Supervise supervise supervise. Let him drag a long line, and set up neighbors walking by so you can work on your recall.


----------



## selzer (May 7, 2005)

CrazyaboutGSDs, you are rationalizing your dog's very real behavior problems, and the dog will suffer if you do not get over it. 

The guy is a yayhoo and squirted your dog with a hose when it was barking. Why are you letting your dog bark at the neighbor to the extent that he has to turn a hose on him? But whatever, this does not explain the fact that the dog is aggressive to strangers when out walking with you on a lead. 

Your dog has a problem. Whoever is at fault for this is not the issue. It is your dog, and your problem. 

A dog that intensely dislikes someone because of an abusive behavior will move away from him, or will come up to a point and bark, hair sticking up, there may be other behaviors a dog will do prior to being forced to bite the guy, but jumping up and nailing the guy with no warning is not good -- I do not care about the hose. 

Your dog has just proved that he WILL bite humans. All dogs will given the proper circumstances, dogs that are seriously injured, dogs pushed too far. But your dog's boiling point has been tested and is really low. I think you have to use a three prong attack for this: management, leadership, and training. 

You need to manage the environment so that he is not able to bite another person and so that he is unable to aggress on the fenceline. Installing a second fence may work, but if he agresses behind the second fence, you will have to remove him from the situation. This may mean keeping him in and taking him out on a lead to potty. Allowing him to continue to agress like this will not allow you to move forward. 

You have used up your "he's never done anything like this before." If he bites another person, then you will have failed to manage him. How can you socialize him if you never let him near another person. I don't know, start with a muzzle I guess. I think that you can get to a point in leadership and training where the bond you have with your dog is strong enough for you to know whether or not he will be ok, but making the wrong decision can very well mean losing your dog. 

You need to be the leader of this dog. Jan Fennel has a good book on leadership, she has helped many aggressive dogs overcome their issues. With her method, you can remain positive throughout. 

Training will excersize your dogs mind and body and improve the bond between you. It will improve the level of confidence your dog has in you, It is a part of leadership, but worth its own line. You need to find a competant trainer or behaviorist. 
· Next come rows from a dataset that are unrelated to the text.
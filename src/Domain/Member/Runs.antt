-- ===== src/Domain/Member/Runs.antt =====
-- The operations on one member, and the members that they reach.
use yente.Prelude.{Text, ℕ, ◌≡◌, Option, List, [], ◌∷◌, Result, ok, err, Result-cases, inl, inr}
use yente.Domain.Member.{
  Member, Error, Input, Qualification, create_member, begin_intake, begin_interview,
  require_more_evidence, mark_qualified, activate, stop_member, delete_member,
}

pub data Call : Type 0 where
  begins_intake begins_interview activates : ℕ → Call
  requires_evidence : ℕ → Option Text → Option Text → Call
  marks_qualified : Qualification → ℕ → Call
  stops deletes : ℕ → Option Text → Call

unfoldable pub call : Call → Member → Result Error Member
call (begins_intake at) m = begin_intake m at
call (begins_interview at) m = begin_interview m at
call (activates at) m = activate m at
call (requires_evidence at reason policy) m = require_more_evidence m at reason policy
call (marks_qualified q at) m = mark_qualified m q at
call (stops at reason) m = stop_member m at reason
call (deletes at reason) m = delete_member m at reason

pub data Reached (i : Input) : Member → Type 0 where
  created : {m : Member} → create_member i ≡ ok m → Reached i m
  next : {m n : Member} (c : Call) → Reached i m → call c m ≡ ok n → Reached i n

-- A throw leaves the member as it was.
abbrev pub kept : Member → Result Error Member → Member
kept m (ok n) = n
kept m (err e) = m

unfoldable pub run : Member → List Call → Member
run m [] = m
run m (c ∷ cs) = run (kept m (call c m)) cs

kept-Reached : {i : Input} {m : Member} (c : Call) → Reached i m → Reached i (kept m (call c m))
kept-Reached {m = m} c r = elim (Result-cases (call c m)) [
  | inl (n, e) ↦ rw e (next c r e)
  | inr (x, e) ↦ rw e r
]

pub Reached-run : {i : Input} (m : Member) (cs : List Call) → Reached i m → Reached i (run m cs)
unfolding run
Reached-run m [] r = r
Reached-run m (c ∷ cs) r = Reached-run (kept m (call c m)) cs (kept-Reached c r)
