-- ===== src/Domain/Member/Qualified.antt =====
-- What `advance` and `markQualified` return, and which qualifications a member then has.
use yente.Prelude.{
  Text, ℕ, ◌≡◌, true, some, [], ◌∷◌, ◌++◌, ok, arith, same, insert, lookup-insert, if◌then◌else◌,
}
use yente.Domain.Member.{
  Member, Event, was_qualified, State, Qualification, qualified, advance, mark_qualified, allows,
  is_qualified_for,
}

-- The member that `advance` returns.
abbrev pub moved : Member → State → Event → ℕ → Member
moved m to event at = record m { state = to; history = m.history ++ (event, at) ∷ [] }

pub advance_cases :
    (m n : Member) (to : State) (at : ℕ) (event : Event)
    → advance m to at event ≡ ok n
    → (allows m.state to ≡ true) × (n ≡ moved m to event at)
unfolding advance
advance_cases m n to at event e = ground arith

-- The member that `mark_qualified` returns.
abbrev pub marked : Member → Qualification → ℕ → Member
marked m q at = record m {
  state = qualified;
  history = m.history ++ (was_qualified q.policy_id q.policy_version, at) ∷ [];
  qualifications =
      insert q.policy_id (record { policy_version = q.policy_version; qualified_at = at })
        m.qualifications;
}

pub mark_qualified_cases :
    (m n : Member) (q : Qualification) (at : ℕ)
    → mark_qualified m q at ≡ ok n
    → (q.qualified ≡ true) × (n ≡ marked m q at)
unfolding mark_qualified advance
mark_qualified_cases m n q at e = ground arith

-- A qualification is recorded only from a passing result. After it the member is qualified for that
-- policy at exactly that version, and for the other policies as before.
pub is_qualified_for-mark_qualified :
    (m n : Member) (q : Qualification) (at : ℕ) (policy version : Text)
    → mark_qualified m q at ≡ ok n
    → (q.qualified ≡ true)
      × (is_qualified_for n policy (some version) ≡ (
          if same q.policy_id policy
          then same q.policy_version version
          else is_qualified_for m policy (some version)))
is_qualified_for-mark_qualified m n q at policy version e =
    let (passed, f) = mark_qualified_cases m n q at e in
    (passed, rw f (unfold is_qualified_for in rw lookup-insert (ground arith)))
Your dog is literally a step away from the needle. You need to act radically to protect him.


----------



## Riley's Mom (Jun 7, 2007)

> Originally Posted By: ZeusGSDVillage code made me change my 6' shadowbox fence I wanted to put up along my sidewalk to a 4' picket.


Oh good grief! To be more concerned with a pretty fence that matches height of all those around you being more important than the safety of people? Your village idiots need some serious help!


----------



## Sashmom (Jun 5, 2002)

Im sorry this happened. When I first got Neek, at 3 and half yr old, he jumped on the fence everytime we went out. I didnt know much about him such as: he might JUMP the fence so.....I put him on a long leash even if he dragged it everytime we went out for 2 mo so I could correct him for jumping on the fence, we have a 6 ft fence but Ihave seen dogs around here *2* jump them so I didnt want to take any chances. he has since quit jumping on the fence. thats a relief! He knows he snt allowed to. NOW
hes a challenge but you have to keep on top of these males until they "get it". 

**they can learn, Neek only knew "sit" when he came here!! I think he does like learning new things as he gets a treat or lots of praise when he does it.


----------



## Freddy (Apr 23, 2009)

My first male GSD was all over the fence because of dog aggression. Your situation is different due to the people aggression, giving you more problems, and issues that could eventually lead to your dog being put down. 

First and foremost, you have to work on socialization, and leadership. Your dog must know you are in control and look to you for direction. He must also be comfortable around people, and you need to work toward a goal of being comfortable with someone approaching your on leash dog. 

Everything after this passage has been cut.